To deal with the risk, the Australian government approved a massive investment of A $ 1.67 billion (US $ 1.23 billion) over ten years as part of Australia’s Cyber Security Strategy 2020, with the ransomware plan making part of the initiative.
The highlights of the new ransomware action plan are as follows:
- The formation of a multi-agency working group called “Operation Orcus”, led by AFP (Australian Federal Police).
- The introduction of a mandatory ransomware incident reporting clause for all victim entities.
- The implementation of awareness programs for companies of all sizes.
- Introducing tougher penalties for cyber extortionists and ransomware actors based in the country.
- Be more active by exposing states that facilitate ransomware attacks or provide havens for cybercriminals.
- Actively track and intercept cryptocurrency transactions that have confirmed links to ransomware operations or other cybercrime.
The plan is backed by an investment of AU $ 164.9 ($ 121.2 million), of which about half goes to employ 100 additional AFP officers. The new task force will take on the role of identifying, investigating and targeting cybercriminals.
Disrupting Double Extortion Patterns
To further strengthen the ability to investigate and disrupt ransomware attacks, the government is seeking to establish new powers through the Surveillance Law Amendment Act 2021.
Under this new legislation, the Australian Federal Police (AFP) and the Australian Criminal Intelligence Commission (ACIC) will have the power to delete or delete data related to suspected criminal activity, allowing access to devices and networks. and even taking control of online accounts. for investigative purposes.
These new powers will allow law enforcement to delete data stolen in ransomware attacks and stored on servers exploited by attackers for use in double extortion schemes. By deleting the data, law enforcement hopes to prevent possible data breaches if a victim does not pay the ransom.
“Establish procedures for certain Australian Federal Police or Australian Crime Commission law enforcement officers to obtain emergency warrants and clearances who:
(i) authorize the disruption of data contained in computers; and
(ii) are likely to make a substantial contribution to preventing the commission of relevant offenses; and ”- Law of 2021 amending the legislation on surveillance.
In terms of victim support, the plan also includes A $ 6.1 million ($ 4.5 million) that will help businesses recover from catastrophic cyber attacks and train small and medium-sized businesses on how to improve. their position on cybersecurity.

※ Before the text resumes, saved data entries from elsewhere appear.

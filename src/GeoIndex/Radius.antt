-- ===== src/GeoIndex/Radius.antt =====
-- A radius search finds every position within the radius (core/src/geo/geohash-index.ts).
use ride_location_tracking_e.Common.{
  ℕ, ◌+◌, ◌*◌, ◌≡◌, ◌≤◌, ◌<◌, if◌then◌else◌, false, refl, subst, ◌∙◌, Bool, true, none, some, List,
  [], ◌∷◌, ◌==◌, leb, Bool-cases, Option-cases, inl, inr, arith, All, take,
}
use ride_location_tracking_e.Common.KeySet
use ride_location_tracking_e.Common.KeySet.{KeySet}
use ride_location_tracking_e.Common.Map
use ride_location_tracking_e.Common.Map.{Map}
use ride_location_tracking_e.Common.Sorting.{
  any, count, count-sort_by, IsSortedBy, All-sort_by, any-sort_by, sort_by-IsSortedBy,
}
use ride_location_tracking_e.Domain.{LatLng}
use ride_location_tracking_e.Geohash.{cell_of}
use ride_location_tracking_e.GeoIndex.{GeohashIndex}
use ride_location_tracking_e.GeoIndex.Buckets.{IsIndexed}
use ride_location_tracking_e.GeoIndex.Search.{
  GeoIndexEntry, entries_within, limited, radius_search, ring_count, scan_candidates,
}
use ride_location_tracking_e.GeoIndex.Candidates.{
  hash_at_bits, scan_candidates-finds, scan_rows-IsDistinct,
}
use ride_location_tracking_e.GeoIndex.Spread.{IsSpread, IsFarApart-IsScanned}

abbrev pub is_of : ℕ → GeoIndexEntry → Bool
is_of id e = e.id == id

abbrev pub by_distance : GeoIndexEntry → ℕ
by_distance e = e.distance_meters

module _ (unit bits scale : ℕ) (cos : LatLng → ℕ) (distance : LatLng → LatLng → ℕ) where
  -- The entry is the position of its id, with its distance from the center.
  abbrev pub IsEntry : GeohashIndex → LatLng → GeoIndexEntry → Type 0
  IsEntry index center e =
      (Map.get index.positions e.id ≡ some e.position)
      × (e.distance_meters ≡ distance center e.position)

  module _ (index : GeohashIndex) (center : LatLng) (radius : ℕ) where
    abbrev within : List ℕ → List GeoIndexEntry
    within ids = entries_within unit bits scale cos distance index.positions center radius ids

    entries-IsEntry :
        (ids : List ℕ)
        → All (λ e. IsEntry index center e × (e.distance_meters ≤ radius)) (within ids)
    unfolding entries_within
    entries-IsEntry [] = tt
    entries-IsEntry (id ∷ ids) = elim (Option-cases (Map.get index.positions id)) [
      | inl e ↦ rw (e, entries_within) (entries-IsEntry ids)
      | inr (p, e) ↦ elim (Bool-cases (leb (distance center p) radius)) [
        | inl g ↦ rw (e, entries_within, g) (((e, refl), ground (arith, g)), entries-IsEntry ids)
        | inr g ↦ rw (e, entries_within, g) (entries-IsEntry ids)
      ]
    ]

    any-within :
        (ids : List ℕ) (id : ℕ) (p : LatLng)
        → Map.get index.positions id ≡ some p
        → distance center p ≤ radius
        → KeySet.has ids id ≡ true
        → any (is_of id) (within ids) ≡ true
    unfolding entries_within any KeySet.has
    any-within [] id p e near h = h
    any-within (x ∷ ids) id p e near h = elim (Bool-cases (x == id)) [
      | inl g ↦
          let q : id ≡ x = ground (arith, g) in
          let here : Map.get index.positions x ≡ some p =
            subst (λ z. Map.get index.positions z ≡ some p) q e in
          let close : leb (distance center p) radius ≡ true = ground (arith, near) in
          rw (here, entries_within, close) (ground (arith, g))
      | inr g ↦
          let rest : any (is_of id) (within ids) ≡ true =
            any-within ids id p e near (ground (arith, g, h)) in
          elim (Option-cases (Map.get index.positions x)) [
            | inl f ↦ rw (f, entries_within) rest
            | inr (o, f) ↦ elim (Bool-cases (leb (distance center o) radius)) [
              | inl c ↦ rw (f, entries_within, c) (ground (arith, rest))
              | inr c ↦ rw (f, entries_within, c) rest
            ]
          ]
    ]

    -- An id is found as often as the candidates name it.
    count-within :
        (ids : List ℕ) (id : ℕ)
        → KeySet.IsDistinct ids
        → count (is_of id) (within ids) ≤ (if KeySet.has ids id then 1 else 0)
    unfolding entries_within count KeySet.has
    count-within [] id h = omega arith
    count-within (x ∷ ids) id h = elim (Option-cases (Map.get index.positions x)) [
      | inl e ↦ rw (e, entries_within) (ground (arith, count-within ids id h.1))
      | inr (p, e) ↦ elim (Bool-cases (leb (distance center p) radius)) [
        | inr g ↦ rw (e, entries_within, g) (ground (arith, count-within ids id h.1))
        | inl g ↦ elim (Bool-cases (x == id)) [
          | inr n ↦ rw (e, entries_within, g) (ground (arith, n, count-within ids id h.1))
          | inl n ↦
              let same : x ≡ id = ground (arith, n) in
              let out : KeySet.has ids id ≡ false =
                subst (λ z. KeySet.has ids z ≡ false) same h.0 in
              rw (e, entries_within, g) (ground (arith, n, out, count-within ids id h.1))
        ]
      ]
    ]

    -- The entries within the radius, each of them once, the nearest first.
    pub record IsExhaustive (found : List GeoIndexEntry) : Type 0 where
      pub sorted : IsSortedBy by_distance found
      pub entries : All (λ e. IsEntry index center e × (e.distance_meters ≤ radius)) found
      pub complete :
          (id : ℕ) (p : LatLng)
          → Map.get index.positions id ≡ some p
          → distance center p ≤ radius
          → any (is_of id) found ≡ true
      pub single : (id : ℕ) → count (is_of id) found ≤ 1

    abbrev all_found : List GeoIndexEntry
    all_found = radius_search unit bits scale cos distance index center radius none

    -- A radius search answers exactly the entries whose distance is at most the radius, each once, the nearest
    -- first, and a limit cuts that answer. The buckets must be those of the positions, the scale of the cosine
    -- positive, and every position of the index within the radius, whose cell is some rows and some columns
    -- from the center's, at least all but one of these rows away, and all but one of these columns, counted
    -- the shorter way around the globe and as wide as at the center.
    pub radius_search-IsExhaustive :
        IsIndexed (hash_at_bits unit bits) index
        → IsSpread unit bits scale cos distance index center radius
        → 0 < scale
        → IsExhaustive all_found
          × ((limit : ℕ)
              → radius_search unit bits scale cos distance index center radius (some limit)
                ≡ take all_found limit)
    unfolding radius_search limited scan_candidates
    radius_search-IsExhaustive v spread positive =
        let ids =
          scan_candidates unit bits scale index center
            (ring_count unit bits scale (cos center) radius) in
        (
          record {
            sorted = sort_by-IsSortedBy by_distance (within ids);
            entries =
                All-sort_by by_distance (λ e. IsEntry index center e × (e.distance_meters ≤ radius))
                  (within ids) (entries-IsEntry ids);
            complete = λ id p e near.
                any-sort_by by_distance (is_of id) (within ids)
                ∙ any-within ids id p e near (
                    scan_candidates-finds unit bits scale index center p
                      (ring_count unit bits scale (cos center) radius) id v e
                      (IsFarApart-IsScanned unit bits scale cos distance center p radius positive
                        near (spread id p e near)));
            single = λ id. ground (
              arith,
              count-sort_by by_distance (is_of id) (within ids),
              count-within ids id (
                  scan_rows-IsDistinct unit bits scale index.buckets (cell_of unit center bits)
                    (ring_count unit bits scale (cos center) radius)
                    (2 * ring_count unit bits scale (cos center) radius + 1) 0 [] tt),
            );
          },
          λ limit. refl,
        )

The announcement of Australia’s new ransomware action plan is in line with what international allies are doing to tackle the problem, with only Russia and China being left out of the talks.
Not only are these two countries’ efforts to tackle cybercrime unconvincing, they have also been repeatedly and openly accused of supporting some of the most damaging attacks of this type.
- Australia passes surveillance bill that allows police to take over accounts, edit and delete data
- Hacker Takes Credit for 54 Million T-Mobile Data Breaches, Calls Security ‘Horrible’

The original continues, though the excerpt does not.